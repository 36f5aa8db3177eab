-- ===== src/Callable/Tests.antt =====
-- Core/mstd/function.hpp with a variable that is assigned, and ends.
use sok.Base.{nat_keys, ℕ, ◌+◌, ◌*◌, [], ◌∷◌, none, ◌≡◌, refl}
use sok.Callable.{
  returned, throws, dangles, from_variable, through, invoke, call, bind, assigned, gone,
}
use sok.Callable.Lifetime.{run}

after_an_assignment :
    call (from_variable 3) (run (assigned 3 (λ n. n * 5) ∷ []) ((3, λ (n : ℕ). n * 2) ∷ [])) 4
    ≡ returned 20
unfolding call from_variable invoke through
after_an_assignment = refl

after_its_end : call (from_variable 3) (run (gone 3 ∷ []) ((3, λ (n : ℕ). n * 2) ∷ [])) 4 ≡ dangles
unfolding call from_variable invoke through
after_its_end = refl

empty_throws : call {Args = ℕ} {R = ℕ} none [] 4 ≡ throws
unfolding call
empty_throws = refl

bound : bind (λ (n : ℕ). n + 1) 4 tt ≡ 5
unfolding bind
bound = refl
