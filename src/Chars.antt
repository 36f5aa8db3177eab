-- ===== src/Chars.antt =====
-- Core/mstd/string.hpp: `mstd::string`, a buffer of `capacity + 1` chars with its size. The server
-- itself does not use it. `capacity + 1` wraps as `size_t` does, and `make_unique` finds the memory
-- it is asked for.
pub mod Bounds
pub mod Calls
pub mod Parts
mod Tests
use sok.Base.{
  nat_keys, ℕ, zero, suc, ◌-◌, ◌%◌, ◌^◌, min, Bool, true, false, ◌&&◌, List, [], ◌∷◌, ◌++◌, Option,
  none, some, if◌then◌else◌, ltb, leb, ◌==◌, length, take, drop, replicate, set, get_elem?,
}

-- `data_` is `none` where it is the null pointer.
pub record Chars : Type 0 where
  pub buffer : Option (List ℕ)
  pub size : ℕ
  pub capacity : ℕ

-- A call is done, throws `std::out_of_range`, or reads or writes outside a buffer.
pub data Access {ℓ} (A : Type ℓ) : Type ℓ where
  done : A → Access A
  out_of_range : Access A
  invalid : Access A

infixl 5 ◌>>>◌
abbrev pub ◌>>>◌ {ℓ κ} : {A : Type ℓ} {B : Type κ} → Access A → (A → Access B) → Access B
done a >>> f = f a
out_of_range >>> f = out_of_range
invalid >>> f = invalid

-- What a pointer points to, if it is not null.
abbrev pub target {ℓ} : {A : Type ℓ} → Option A → Access A
target none = invalid
target (some a) = done a

-- `std::make_unique<char[]>(capacity + 1)`, and that capacity's chars.
unfoldable pub allocate : ℕ → List ℕ
allocate capacity = replicate (suc capacity % 2 ^ 64) 0

-- `std::memcpy`
unfoldable pub memcpy : List ℕ → List ℕ → ℕ → Access (List ℕ)
memcpy to from n =
    if leb n (length to) && leb n (length from) then done (take n from ++ drop n to) else invalid

-- `data_[index]`, read and written.
unfoldable pub load : ℕ → Chars → Access ℕ
load index s = target s.buffer >>> λ chars. target (get_elem? chars index)

unfoldable pub store : ℕ → ℕ → Chars → Access Chars
store index c s = target s.buffer >>> λ chars.
    if ltb index (length chars)
    then done (record s { buffer = some (set chars index c) })
    else invalid

unfoldable pub empty : Chars
empty = record { buffer = none; size = 0; capacity = 0 }

-- `std::strlen`; a literal ends at its first NUL.
unfoldable pub strlen : List ℕ → Access ℕ
strlen [] = invalid
strlen (c ∷ cs) = let rest = strlen cs in if c == 0 then done 0 else (rest >>> λ n. done (suc n))

-- The constructor from `const char*`.
unfoldable pub of_chars : List ℕ → Access Chars
unfolding strlen allocate memcpy
of_chars s = strlen s >>> λ n. memcpy (allocate n) s (suc n) >>> λ chars.
    done (record { buffer = some chars; size = n; capacity = n })

-- The copy constructor; `operator=` does the same with the string it is given.
unfoldable pub copy : Chars → Access Chars
unfolding allocate memcpy
copy other = target other.buffer >>> λ chars.
    memcpy (allocate other.capacity) chars (suc other.size) >>> λ copied.
    done (record other { buffer = some copied })

-- The assignment of a string to another; of one to itself it does nothing.
unfoldable pub assign : Bool → Chars → Chars → Access Chars
unfolding copy
assign true other s = done s
assign false other s = copy other

-- The moves: the new string, and what is left of the old one.
unfoldable pub move : Chars → Chars × Chars
unfolding empty
move other = (other, empty)

-- `reserve`
unfoldable pub grow : ℕ → Chars → Access Chars
unfolding allocate memcpy
grow new_capacity s = elim s.buffer [
  | none ↦ done (record s { buffer = some (allocate new_capacity); capacity = new_capacity })
  | some chars ↦ memcpy (allocate new_capacity) chars (suc s.size) >>> λ new_data.
      done (record s { buffer = some new_data; capacity = new_capacity })
]

unfoldable pub reserve : ℕ → Chars → Access Chars
unfolding grow
reserve new_capacity s = if ltb s.capacity new_capacity then grow new_capacity s else done s

unfoldable pub resize : ℕ → Chars → Access Chars
unfolding reserve store
resize new_size s = (if ltb s.capacity new_size then reserve new_size s else done s) >>> λ r.
    store new_size 0 (record r { size = new_size })

-- `operator[]`, read and assigned to.
unfoldable pub at : ℕ → Chars → Access ℕ
unfolding load
at index s = if leb s.size index then out_of_range else load index s

unfoldable pub put_char : ℕ → ℕ → Chars → Access Chars
unfolding store
put_char index c s = if leb s.size index then out_of_range else store index c s

-- The `memcpy` of `substr`.
unfoldable pub copy_part : ℕ → ℕ → Chars → Chars → Access Chars
unfolding memcpy
copy_part pos len s result = target result.buffer >>> λ to. target s.buffer >>> λ from.
    memcpy to (drop pos from) len >>> λ chars. done (record result { buffer = some chars })

unfoldable pub substr : ℕ → ℕ → Chars → Access Chars
unfolding empty resize copy_part store
substr pos len s =
    let n = min len (s.size - pos) in
    if ltb s.size pos
    then out_of_range
    else (resize n empty >>> λ result. copy_part pos n s result >>> λ filled. store n 0 filled)

-- `to_std_string`: the chars up to the first NUL.
abbrev pub until_nul : List ℕ → Access (List ℕ)
until_nul [] = invalid
until_nul (c ∷ cs) =
    let rest = until_nul cs in if c == 0 then done [] else (rest >>> λ text. done (c ∷ text))

unfoldable pub to_std_string : Chars → Access (List ℕ)
to_std_string s = target s.buffer >>> until_nul
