-- ===== src/Connectors/Status.antt =====
-- `ConnectorStatus` of src-tauri/src/connectors.rs: what the desktop knows of one connection.
use desktop_ai_dashboard.Prelude.{String, Option, List}

pub record ConnectorStatus : Type 0 where
  pub id : String
  pub provider : String
  pub scopes : List String
  pub display_name : Option String
  pub connected_at : String
  pub expires_at : String
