-- ===== src/Prelude/Maps.antt =====
-- `HashMap<String, V>` as an association list: a later entry of a key is never read.
use Prim.Native.Nat.{suc, ◌≤◌}
use Prim.Native.String.{String}
use mathlib.Core.Path.{◌≡◌, refl}
use mathlib.Core.Logic.{inl, inr}
use mathlib.Core.Bool.{Bool, true}
use mathlib.Core.Option.{Option, none, some}
use mathlib.Core.List.{List, [], ◌∷◌, Memᴰ}
use native.Mathlib.Omega.{arith}
use text.Mathlib.TextEquality.{eq_iff}
use desktop_ai_dashboard.Prelude.Tests.{if◌then◌else◌, ◌==◌, string_eq, is_some, Bool-cases}
use desktop_ai_dashboard.Prelude.Lists.{length, retain}

module _ {ℓ} {V : Type ℓ} where
  unfoldable pub get : String → List (String × V) → Option V
  get k [] = none
  get k ((j, v) ∷ m) = if j == k then some v else get k m

  abbrev pub contains_key : String → List (String × V) → Bool
  contains_key k m = is_some (get k m)

  unfoldable pub remove : String → List (String × V) → List (String × V)
  remove k [] = []
  remove k ((j, v) ∷ m) = if j == k then remove k m else (j, v) ∷ remove k m

  unfoldable pub insert : String → V → List (String × V) → List (String × V)
  insert k v m = (k, v) ∷ remove k m

  -- Each key has one entry.
  abbrev pub Unique : List (String × V) → Type ℓ
  Unique [] = Unit
  Unique ((k, v) ∷ m) = (get k m ≡ none) × Unique m

module _ {ℓ} {V : Type ℓ} where
  pub get-remove :
      (k j : String) (m : List (String × V))
      → get j (remove k m) ≡ (if k == j then none else get j m)
  unfolding get remove
  get-remove k j [] = elim (Bool-cases (k == j)) [ inl e ↦ rw e | inr e ↦ rw e ]
  get-remove k j ((i, w) ∷ m) = ground (arith, eq_iff k j, eq_iff i k, eq_iff i j, get-remove k j m)

  pub get-insert :
      (k j : String) (v : V) (m : List (String × V))
      → get j (insert k v m) ≡ (if k == j then some v else get j m)
  unfolding insert get
  get-insert k j v m = ground (arith, get-remove k j m)

  pub length-remove-le : (k : String) (m : List (String × V)) → length (remove k m) ≤ length m
  unfolding remove
  length-remove-le k [] = omega arith
  length-remove-le k ((j, v) ∷ m) = ground (arith, length-remove-le k m)

  pub length-insert-le :
      (k : String) (v : V) (m : List (String × V)) → length (insert k v m) ≤ suc (length m)
  unfolding insert
  length-insert-le k v m = omega (arith, length-remove-le k m)

  pub Unique-remove : (k : String) (m : List (String × V)) → Unique m → Unique (remove k m)
  unfolding remove
  Unique-remove k [] u = u
  Unique-remove k ((j, v) ∷ m) u =
      ground (arith, Unique-remove k m, get-remove k j m, eq_iff j k, eq_iff k j)

  pub Unique-insert :
      (k : String) (v : V) (m : List (String × V)) → Unique m → Unique (insert k v m)
  unfolding insert
  Unique-insert k v m u = ground (arith, get-remove k k m, eq_iff k k, Unique-remove k m)

  pub get-retain-none :
      (p : String × V → Bool) (k : String) (m : List (String × V))
      → get k m ≡ none
      → get k (retain p m) ≡ none
  unfolding get
  get-retain-none p k [] h = refl
  get-retain-none p k ((j, v) ∷ m) h = ground (arith, get-retain-none p k m)

  pub Unique-retain :
      (p : String × V → Bool) (m : List (String × V)) → Unique m → Unique (retain p m)
  Unique-retain p [] u = u
  Unique-retain p ((j, v) ∷ m) u = ground (arith, Unique-retain p m, get-retain-none p j m)

  -- What `retain` keeps was there, and passes the test.
  pub get-retain-some :
      (p : String × V → Bool) (k : String) (m : List (String × V)) {v : V}
      → Unique m
      → get k (retain p m) ≡ some v
      → (get k m ≡ some v) × (p (k, v) ≡ true)
  unfolding get
  get-retain-some p k [] u h = cc
  get-retain-some p k ((j, w) ∷ m) {v} u h =
      ground (arith, eq_iff j k, get-retain-none p j m, get-retain-some p k m {v = v})

  pub get-retain :
      (p : String × V → Bool) (k : String) (m : List (String × V)) {v : V}
      → get k m ≡ some v
      → p (k, v) ≡ true
      → get k (retain p m) ≡ some v
  unfolding get
  get-retain p k [] h t = cc
  get-retain p k ((j, w) ∷ m) {v} h t = ground (arith, eq_iff j k, get-retain p k m {v = v})

  pub get→Memᴰ : (k : String) (m : List (String × V)) {v : V} → get k m ≡ some v → Memᴰ (k, v) m
  unfolding get
  get→Memᴰ k [] h = cc
  get→Memᴰ k ((j, w) ∷ m) {v} h = elim (Bool-cases (j == k)) [
    | inl here ↦ Memᴰ.head (ground (arith, eq_iff j k))
    | inr past ↦ Memᴰ.tail (get→Memᴰ k m (ground arith))
  ]

  pub Memᴰ→get :
      (k : String) (m : List (String × V)) {v : V} → Unique m → Memᴰ (k, v) m → get k m ≡ some v
  unfolding get
  Memᴰ→get k [] u h = elim h [ ]
  Memᴰ→get k ((j, w) ∷ m) u (Memᴰ.head e) = ground (arith, eq_iff j k)
  Memᴰ→get k ((j, w) ∷ m) {v} (n, u) (Memᴰ.tail t) =
      let found = Memᴰ→get k m {v = v} u t in
      elim (Bool-cases (j == k)) [
        | inl here ↦ let e : j ≡ k = (eq_iff j k).0 here in cc
        | inr past ↦ rw past found
      ]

───

Reproduce the material above exactly, beginning at its first line and ending with the line that holds "size. The server". Include nothing else.

**Response for this exercise:**
repository 36f5aa8db3177eab
-- ===== src/Callable/Tests.antt =====
-- Core/mstd/function.hpp with a variable that is assigned, and ends.
use sok.Base.{nat_keys, ℕ, ◌+◌, ◌*◌, [], ◌∷◌, none, ◌≡◌, refl}
use sok.Callable.{
  returned, throws, dangles, from_variable, through, invoke, call, bind, assigned, gone,
}
use sok.Callable.Lifetime.{run}

after_an_assignment :
    call (from_variable 3) (run (assigned 3 (λ n. n * 5) ∷ []) ((3, λ (n : ℕ). n * 2) ∷ [])) 4
    ≡ returned 20
unfolding call from_variable invoke through
after_an_assignment = refl

after_its_end : call (from_variable 3) (run (gone 3 ∷ []) ((3, λ (n : ℕ). n * 2) ∷ [])) 4 ≡ dangles
unfolding call from_variable invoke through
after_its_end = refl

empty_throws : call {Args = ℕ} {R = ℕ} none [] 4 ≡ throws
unfolding call
empty_throws = refl

bound : bind (λ (n : ℕ). n + 1) 4 tt ≡ 5
unfolding bind
bound = refl
filename src/Chars.antt
repository 36f5aa8db3177eab
-- ===== src/Chars.antt =====
-- Core/mstd/string.hpp: `mstd::string`, a buffer of `capacity + 1` chars with its size. The server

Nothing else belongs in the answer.